Got on a couple lists... Waited it out... And got lucky..
XL krampus, first loser. So rigid. Can always upgrade the front fork, but right now the 3" with slightly lower psi is working great. 

Lbs either didn't cut the head tube or surly is making them loooong. Using 75mm of spacers, adjusting the seat, etc... Finally a ride that fits and feels like I'm pedaling a cruiser.

It's wild how the 29+ just rides over everything.. trail to hardpack to gravel onto loomy dirt... Flies right over. 

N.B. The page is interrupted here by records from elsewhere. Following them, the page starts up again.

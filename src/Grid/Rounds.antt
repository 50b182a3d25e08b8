-- ===== src/Grid/Rounds.antt =====
-- The loops of `scroll_up` and `scroll_down` in alacritty_terminal/src/grid/mod.rs that exchange each
-- line of a part of the screen with the line some rows away, read by positions.
use alacritty_pro.Prelude.{
  ℕ, zero, suc, ◌+◌, ◌-◌, ◌≤◌, ◌<◌, ◌≡◌, refl, ◌∙◌, Option, some, arith, ◌==◌, inl, inr, Bool-cases,
  >>=-step,
}
use alacritty_pro.Prelude.Int.{ℤ, pos}
use alacritty_pro.Index.{sub_line}
use alacritty_pro.Row.{Row}
use alacritty_pro.Storage.{Storage, swap}
use alacritty_pro.Storage.View.{IsValid}
use alacritty_pro.Storage.Access.{SameShape, SameShape-IsValid, SameShape-trans}
use alacritty_pro.Grid.Defs.{for_up, for_down, swap_up, swap_down}
use alacritty_pro.Grid.Lines.{row_at, AllRows, SameShape-refl, Swapped, swap-Swapped}

pub up_line : (c k : ℕ) → k ≤ c → sub_line (pos c) k ≡ pos (c - k)
up_line c k h = ground arith

module _ {T : Type 0} (P : Row T → Type 0) where
  -- The lines `a` up to `a + n` of the screen hold what was `k` lines further down; the lines above,
  -- and those from `a + n + k` on, are as before. What the `k` first lines shared, the `k` lines behind
  -- the moved ones share.
  pub record RaisedLines (k a n : ℕ) (s : Storage T) (r : Option (Storage T)) : Type 0 where
    pub out : Storage T
    pub returns : r ≡ some out
    pub shape : SameShape s out
    pub moved :
        (q : ℕ)
        → s.visible_lines - a - n ≤ q
        → q < s.visible_lines - a
        → row_at out q ≡ row_at s (q - k)
    pub above : (q : ℕ) → s.visible_lines - a ≤ q → row_at out q ≡ row_at s q
    pub below : (q : ℕ) → q < s.visible_lines - a - n - k → row_at out q ≡ row_at s q
    pub carried :
        (row : Option (Row T))
        → ((q : ℕ) → s.visible_lines - a - k ≤ q → q < s.visible_lines - a → row_at s q ≡ row)
        → (q : ℕ) → s.visible_lines - a - n - k ≤ q
        → q < s.visible_lines - a - n
        → row_at out q ≡ row
    pub all : AllRows P s → AllRows P out

  -- What one round of such a loop does to line `a`, the loop's own line being `d` lines further down.
  abbrev Exchanges : ℕ → ℕ → (ℤ → Storage T → Option (Storage T)) → Type 0
  Exchanges k d body =
      (s : Storage T) (a c : ℕ)
      → c ≡ a + d
      → IsValid s
      → a + k < s.visible_lines
      → Swapped P s (s.visible_lines - a - 1) (s.visible_lines - a - 1 - k) (body (pos c) s)

  raised_step :
      (body : ℤ → Storage T → Option (Storage T)) (k a c n : ℕ) (s : Storage T)
      → suc (a + n) + k ≤ s.visible_lines
      → (step : Swapped P s
          (s.visible_lines - a - 1)
          (s.visible_lines - a - 1 - k)
          (body (pos c) s))
      → RaisedLines k (suc a) n step.out (for_up body n (pos (suc c)) step.out)
      → RaisedLines k a (suc n) s (for_up body (suc n) (pos c) s)
  unfolding for_up
  raised_step body k a c n s h step rest = record {
    out = rest.out;
    returns = >>=-step _ _ step.returns rest.returns;
    shape = SameShape-trans step.shape rest.shape;
    moved = λ q x y. elim (Bool-cases (q == s.visible_lines - a - 1)) [
      | inl first ↦ ground (arith, step.shape, rest.above q, step.rows q)
      | inr later ↦ ground (arith, step.shape, rest.moved q, step.rows (q - k))
    ];
    above = λ q x. ground (arith, step.shape, rest.above q, step.rows q);
    below = λ q x. ground (arith, step.shape, rest.below q, step.rows q);
    carried = λ row same q x y.
        rest.carried row
          (λ p u v.
            step.rows p ∙ ground (arith, step.shape, same p, same (s.visible_lines - a - 1)))
          q (omega (arith, step.shape)) (omega (arith, step.shape));
    all = λ h. rest.all (step.all h);
  }

  raised_lines :
      (body : ℤ → Storage T → Option (Storage T)) (k d a c n : ℕ) (s : Storage T)
      → Exchanges k d body
      → c ≡ a + d
      → IsValid s
      → a + n + k ≤ s.visible_lines
      → RaisedLines k a n s (for_up body n (pos c) s)
  unfolding for_up
  raised_lines body k d a c zero s once e v h = record {
    out = s;
    returns = refl;
    shape = SameShape-refl s;
    moved = λ q x y. absurd (omega arith);
    above = λ q x. refl;
    below = λ q x. refl;
    carried = λ row same q x y. same q (omega arith) (omega arith);
    all = λ all. all;
  }
  raised_lines body k d a c (suc n) s once e v h =
      let step = once s a c e v (omega arith) in
      raised_step body k a c n s (omega arith) step (
        raised_lines body k d (suc a) (suc c) n step.out once (omega arith)
          (SameShape-IsValid step.shape v) (omega (arith, step.shape)))

  -- `for i in a..a + n { swap(i, i + k) }`
  pub swap_down-RaisedLines :
      (k a n : ℕ) (s : Storage T)
      → IsValid s
      → a + n + k ≤ s.visible_lines
      → RaisedLines k a n s (for_up (swap_down k) n (pos a) s)
  swap_down-RaisedLines k a n s v h =
      raised_lines (swap_down k) k 0 a a n s
        (λ t b c e w g.
          swap-Swapped P t (pos c) (pos (c + k)) (t.visible_lines - b - 1)
            (t.visible_lines - b - 1 - k) w (omega arith) (omega arith) (omega arith) (omega arith))
        (omega arith) v h

  Swapped-sym :
      (s : Storage T) (i j : ℕ) (r : Option (Storage T)) → Swapped P s i j r → Swapped P s j i r
  Swapped-sym s i j r h = record {
    out = h.out;
    returns = h.returns;
    shape = h.shape;
    rows = λ q. ground (arith, h.rows q);
    all = h.all;
  }

  -- `for i in a + k..a + k + n { swap(i, i - k) }`
  pub swap_up-RaisedLines :
      (k a n : ℕ) (s : Storage T)
      → IsValid s
      → a + n + k ≤ s.visible_lines
      → RaisedLines k a n s (for_up (swap_up k) n (pos (a + k)) s)
  swap_up-RaisedLines k a n s v h =
      raised_lines (swap_up k) k k a (a + k) n s
        (λ t b c e w g. Swapped-sym t (t.visible_lines - b - 1 - k) (t.visible_lines - b - 1) _ (
          rw (up_line c k (omega arith)) (
            swap-Swapped P t (pos c) (pos (c - k)) (t.visible_lines - b - 1 - k)
              (t.visible_lines - b - 1) w (omega arith) (omega arith) (omega arith) (omega arith))))
        refl v h

  -- The lines `a + k` up to `a + k + n` of the screen hold what was `k` lines further up; the lines in
  -- front of line `a`, and those behind the moved ones, are as before.
  pub record LoweredLines (k a n : ℕ) (s : Storage T) (r : Option (Storage T)) : Type 0 where
    pub out : Storage T
    pub returns : r ≡ some out
    pub shape : SameShape s out
    pub moved :
        (q : ℕ)
        → s.visible_lines - a - k - n ≤ q
        → q < s.visible_lines - a - k
        → row_at out q ≡ row_at s (q + k)
    pub above : (q : ℕ) → s.visible_lines - a ≤ q → row_at out q ≡ row_at s q
    pub below : (q : ℕ) → q < s.visible_lines - a - k - n → row_at out q ≡ row_at s q
    pub all : AllRows P s → AllRows P out

  lowered_step :
      (k a n : ℕ) (s : Storage T)
      → suc (a + n) + k ≤ s.visible_lines
      → (step : Swapped P s
          (s.visible_lines - a - k - n - 1)
          (s.visible_lines - a - n - 1)
          (swap s (pos (a + k + n)) (sub_line (pos (a + k + n)) k)))
      → LoweredLines k a n step.out (for_down (swap_up k) n (pos (a + k)) step.out)
      → LoweredLines k a (suc n) s (for_down (swap_up k) (suc n) (pos (a + k)) s)
  unfolding for_down
  lowered_step k a n s h step rest = record {
    out = rest.out;
    returns = >>=-step _ _ step.returns rest.returns;
    shape = SameShape-trans step.shape rest.shape;
    moved = λ q x y. elim (Bool-cases (q == s.visible_lines - a - k - n - 1)) [
      | inl first ↦ ground (arith, step.shape, rest.below q, step.rows q)
      | inr later ↦ ground (arith, step.shape, rest.moved q, step.rows (q + k))
    ];
    above = λ q x. ground (arith, step.shape, rest.above q, step.rows q);
    below = λ q x. ground (arith, step.shape, rest.below q, step.rows q);
    all = λ h. rest.all (step.all h);
  }

  -- `for i in (a + k..a + k + n).rev() { swap(i, i - k) }`
  pub swap_up-LoweredLines :
      (k a n : ℕ) (s : Storage T)
      → IsValid s
      → a + n + k ≤ s.visible_lines
      → LoweredLines k a n s (for_down (swap_up k) n (pos (a + k)) s)
  unfolding for_down
  swap_up-LoweredLines k a zero s v h = record {
    out = s;
    returns = refl;
    shape = SameShape-refl s;
    moved = λ q x y. absurd (omega arith);
    above = λ q x. refl;
    below = λ q x. refl;
    all = λ all. all;
  }
  swap_up-LoweredLines k a (suc n) s v h =
      let step : Swapped P s (s.visible_lines - a - k - n - 1) (s.visible_lines - a - n - 1)
          (swap s (pos (a + k + n)) (sub_line (pos (a + k + n)) k)) =
        rw (up_line (a + k + n) k (omega arith)) (
          swap-Swapped P s (pos (a + k + n)) (pos (a + k + n - k)) (s.visible_lines - a - k - n - 1)
            (s.visible_lines - a - n - 1) v (omega arith) (omega arith) (omega arith)
            (omega arith)) in
      lowered_step k a n s (omega arith) step (
        swap_up-LoweredLines k a n step.out (SameShape-IsValid step.shape v)
          (omega (arith, step.shape)))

Probably going to get the tumbleweed persuader bar for the long XC rides. Also need to get bigger pedals, crank bros stamp 7 should do the trick.


----------



## Varaxis (Mar 16, 2010)

I'm curious, what measurement (millimeters) do you get when you measure from hip to shoulder socket:


----------



## Blathma (May 13, 2020)

Roughly 600mm, standing... Why?


----------



## Varaxis (Mar 16, 2010)

Just wondering how much it differed from me. I'm 5' 7" and I measure 410mm or so. Was wondering why reach numbers only increased by 25mm or so per size, while seat tube lengths often increased by 40mm or so.


----------



## Blathma (May 13, 2020)

Varaxis said:


> Just wondering how much it differed from me. I'm 5' 7" and I measure 410mm or so. Was wondering why reach numbers only increased by 25mm or so per size, while seat tube lengths often increased by 40mm or so.

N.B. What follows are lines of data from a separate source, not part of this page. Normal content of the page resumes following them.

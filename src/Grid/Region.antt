-- ===== src/Grid/Region.antt =====
-- Scrolling a part of the screen: `scroll_up` of a region that does not start at the top of the screen,
-- and `scroll_down`, of alacritty_terminal/src/grid/mod.rs.
use alacritty_pro.Prelude.{
  ℕ, ◌+◌, ◌-◌, ◌≤◌, ◌<◌, ◌≡◌, refl, ◌∙◌, ap, true, false, Option, some, arith, ◌==◌, if◌then◌else◌,
  le_or_lt, min, inl, inr, ◌⊎◌, >>=-step, ◌&&◌, not,
}
use alacritty_pro.Prelude.Int.{pos, leb_ℤ, eq_ℤ, ◌-ℤ◌}
use alacritty_pro.Row.{Row, GridCell}
use alacritty_pro.Row.Occupied.{IsLawful, blank_row}
use alacritty_pro.Storage
use alacritty_pro.Storage.{Storage}
use alacritty_pro.Storage.View.{ring, length-ring}
use alacritty_pro.Storage.Access.{SameShape-IsValid}
use alacritty_pro.Grid.Defs.{Grid, scroll_up, reset_lines, reset_line, for_lines, for_up, swap_down}
use alacritty_pro.Grid.Lines.{row_at, AllRows, Cleared, reset_lines_lem}
use alacritty_pro.Grid.Up.{IsLine, IsValid, SameScreen, blank-IsLine, reset-IsLine, between}
use alacritty_pro.Grid.Rounds.{up_line, RaisedLines, swap_down-RaisedLines}

whole_test :
    (a e k : ℕ)
    → 0 < a
    → a ≤ e
    → e - a ≤ k
    → (leb_ℤ (pos e -ℤ pos a) (pos k) && not (eq_ℤ (pos a) (pos 0))) ≡ true
whole_test a e k top h w = ground arith

pub part_test : (a e k : ℕ) → a + k < e → leb_ℤ (pos e -ℤ pos a) (pos k) ≡ false
part_test a e k w = ground arith

top_test : (a : ℕ) → 0 < a → eq_ℤ (pos a) (pos 0) ≡ false
top_test a h = ground arith

module _ {T : Type 0} ⦃cell : GridCell T⦄ where
  abbrev pub blank_of : Grid T → Row T
  blank_of g = blank_row g.columns g.cursor.template

  -- The grid after scrolling its lines `a` up to `e` by `k` lines, up or down, read from the bottommost
  -- line up: the `k` lines that come in, or the whole region if it is not higher than that, are blank,
  -- the others are those `k` lines away, and the lines outside the region are as before.
  pub record RegionUp (g : Grid T) (a e k : ℕ) (r : Option (Grid T)) : Type 0 where
    pub out : Grid T
    pub returns : r ≡ some out
    pub valid : IsValid out
    pub screen : SameScreen g out
    pub same_len : out.raw.len ≡ g.raw.len
    pub moved :
        (q : ℕ) → g.lines - e + k ≤ q → q < g.lines - a → row_at out.raw q ≡ row_at g.raw (q - k)
    pub entered :
        (q : ℕ)
        → g.lines - e ≤ q
        → q < g.lines - e + k
        → q < g.lines - a
        → row_at out.raw q ≡ some (blank_of g)
    pub kept : (q : ℕ) → (q < g.lines - e) ⊎ (g.lines - a ≤ q) → row_at out.raw q ≡ row_at g.raw q

  pub record RegionDown (g : Grid T) (a e k : ℕ) (r : Option (Grid T)) : Type 0 where
    pub out : Grid T
    pub returns : r ≡ some out
    pub valid : IsValid out
    pub screen : SameScreen g out
    pub same_len : out.raw.len ≡ g.raw.len
    pub moved :
        (q : ℕ) → g.lines - e ≤ q → q + k < g.lines - a → row_at out.raw q ≡ row_at g.raw (q + k)
    pub entered :
        (q : ℕ)
        → g.lines - e ≤ q
        → g.lines - a ≤ q + k
        → q < g.lines - a
        → row_at out.raw q ≡ some (blank_of g)
    pub kept :
        (q : ℕ)
        → (q < g.lines - e) ⊎ (g.lines - a ≤ q)
        → q < g.raw.len
        → row_at out.raw q ≡ row_at g.raw q

  -- `reset_lines` on lines of the screen, as its rounds.
  pub reset_rounds_from :
      (template : T) (a e : ℕ) (s : Storage T)
      → reset_lines template (pos a) (pos e) s ≡ for_up (reset_line template) (e - a) (pos a) s
  unfolding reset_lines for_lines
  reset_rounds_from template a e s =
      ap (λ n. for_up (reset_line template) n (pos a) s) (between a e)

  pub reset_region_lines :
      IsLawful cell
      → (g : Grid T) (raw : Storage T) (a e : ℕ) → 0 < g.columns
      → Storage.View.IsValid raw
      → a ≤ e
      → e ≤ raw.visible_lines
      → AllRows (IsLine g.columns) raw
      → Cleared
          (IsLine g.columns)
          (blank_of g)
          (raw.visible_lines - a - (e - a))
          (raw.visible_lines - a)
          raw
          (reset_lines g.cursor.template (pos a) (pos e) raw)
  reset_region_lines lawful g raw a e some_column v h l all =
      rw (reset_rounds_from g.cursor.template a e raw) (
        reset_lines_lem (IsLine g.columns) (blank_of g) g.cursor.template (e - a) a raw
          (reset-IsLine lawful g.columns g.cursor.template some_column)
          (blank-IsLine g.columns g.cursor.template) v (omega arith) all)

  -- The region is reset as a whole.
  whole_up :
      (g : Grid T) (a e k : ℕ) (v : IsValid g)
      → 0 < a
      → a ≤ e
      → e ≤ g.lines
      → e - a ≤ k
      → Cleared
          (IsLine g.columns)
          (blank_of g)
          (g.raw.visible_lines - a - (e - a))
          (g.raw.visible_lines - a)
          g.raw
          (reset_lines g.cursor.template (pos a) (pos e) g.raw)
      → RegionUp g a e k (scroll_up g (record { start = pos a; end = pos e }) k)
  unfolding scroll_up
  whole_up g a e k v top h l w cleared = record {
    out = record g { raw = cleared.out };
    returns = rw (whole_test a e k top h w) (>>=-step _ _ cleared.returns refl);
    valid = record {
      raw = SameShape-IsValid cleared.shape v.raw;
      visible = cleared.shape.same_visible ∙ v.visible;
      some_column = v.some_column;
      rows = cleared.all;
      limit = omega (arith, cleared.shape, v.limit);
    };
    screen = record { lines = refl; columns = refl; cursor = refl; saved = refl; limit = refl };
    same_len = cleared.shape.same_len;
    moved = λ q x y. absurd (omega arith);
    entered = λ q x y z. cleared.cleared q (omega (arith, v.visible)) (omega (arith, v.visible));
    kept = λ q x. cleared.kept q (omega (arith, v.visible));
  }

  rounds_up :
      (k a e : ℕ) (s : Storage T)
      → for_lines (swap_down k) (pos a) (pos e) s ≡ for_up (swap_down k) (e - a) (pos a) s
  unfolding for_lines
  rounds_up k a e s = ap (λ n. for_up (swap_down k) n (pos a) s) (between a e)

  -- Lines of the region move.
  part_up :
      (g : Grid T) (a e k : ℕ) (v : IsValid g)
      → 0 < a
      → e ≤ g.lines
      → a + k < e
      → (raised : RaisedLines
          (IsLine g.columns)
          k
          a
          (e - k - a)
          g.raw
          (for_up (swap_down k) (e - k - a) (pos a) g.raw))
      → Cleared
          (IsLine g.columns)
          (blank_of g)
          (raised.out.visible_lines - (e - k) - (e - (e - k)))
          (raised.out.visible_lines - (e - k))
          raised.out
          (reset_lines g.cursor.template (pos (e - k)) (pos e) raised.out)
      → RegionUp g a e k (scroll_up g (record { start = pos a; end = pos e }) k)
  unfolding scroll_up for_lines
  part_up g a e k v top l w raised cleared = record {
    out = record g {
      raw = cleared.out;
      display_offset =
          if g.display_offset == 0
          then g.display_offset
          else min (g.display_offset + k) g.max_scroll_limit;
    };
    returns =
        rw (part_test a e k w, top_test a top, up_line e k (omega arith))
          (>>=-step _ _ (rounds_up k a (e - k) g.raw ∙ raised.returns)
            (>>=-step _ _ cleared.returns refl));
    valid = record {
      raw = SameShape-IsValid cleared.shape (SameShape-IsValid raised.shape v.raw);
      visible = omega (arith, cleared.shape, raised.shape, v.visible);
      some_column = v.some_column;
      rows = cleared.all;
      limit = omega (arith, cleared.shape, raised.shape, v.limit);
    };
    screen = record { lines = refl; columns = refl; cursor = refl; saved = refl; limit = refl };
    same_len = omega (arith, cleared.shape, raised.shape);
    moved = λ q x y.
        cleared.kept q (omega (arith, raised.shape, v.visible))
        ∙ raised.moved q (omega (arith, v.visible)) (omega (arith, v.visible));
    entered = λ q x y z.
        cleared.cleared q (omega (arith, raised.shape, v.visible))
          (omega (arith, raised.shape, v.visible));
    kept = λ q x.
        ground (arith, raised.shape, v.visible, cleared.kept q, raised.above q, raised.below q);
  }

  -- On a valid grid whose cells keep the promises of the rows, scrolling a range of lines of the screen
  -- that does not start at its top up by any count does not panic and leaves a valid grid of the same
  -- size: as many lines at the bottom of the range are blank, the others of the range moved up, and the
  -- lines outside it are as before.
  pub scroll_up-RegionUp :
      (lawful : IsLawful cell) (g : Grid T) (a e k : ℕ)
      → IsValid g
      → 0 < a
      → a ≤ e
      → e ≤ g.lines
      → RegionUp g a e k (scroll_up g (record { start = pos a; end = pos e }) k)
  scroll_up-RegionUp lawful g a e k v top h l = elim (le_or_lt e (a + k)) [
    | inr part ↦
        let raised =
          swap_down-RaisedLines (IsLine g.columns) k a (e - k - a) g.raw v.raw
            (omega (arith, v.visible)) in
        part_up g a e k v top l (omega arith) raised (
          reset_region_lines lawful g raised.out (e - k) e v.some_column
            (SameShape-IsValid raised.shape v.raw) (omega arith)
            (omega (arith, raised.shape, v.visible)) (raised.all v.rows))
    | inl whole ↦ whole_up g a e k v top h l (omega arith) (
        reset_region_lines lawful g g.raw a e v.some_column v.raw h (omega (arith, v.visible))
          v.rows)
  ]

WAG, pedal to seat is a function of one parameter, legs. Whilst reach is 2, trunk and wingspan. But that's just my guess.


----------



## Ryder1 (Oct 12, 2006)

Varaxis said:


>


When this guy bends his knees, more of his torso will move rearward of the BB. Seated, I have at least 200mm of torso length that is rearward of the BB. A steep STA can mitigate this "lost reach" number, but only so much.


----------



## TazMini (Jun 21, 2019)

Varaxis said:


> I'm curious, what measurement (millimeters) do you get when you measure from hip to shoulder socket:


This photo could have saved me buying Larges for 3 years when I really needed an XL due to ape like build.

Sent from my iPhone using Tapatalk


----------



## Varaxis (Mar 16, 2010)

What was the problem with your large bikes, that has to do with the ape index? If you were going by feel, testing the same model in L and XL, I would've suggested that you go with your gut, or try a different model.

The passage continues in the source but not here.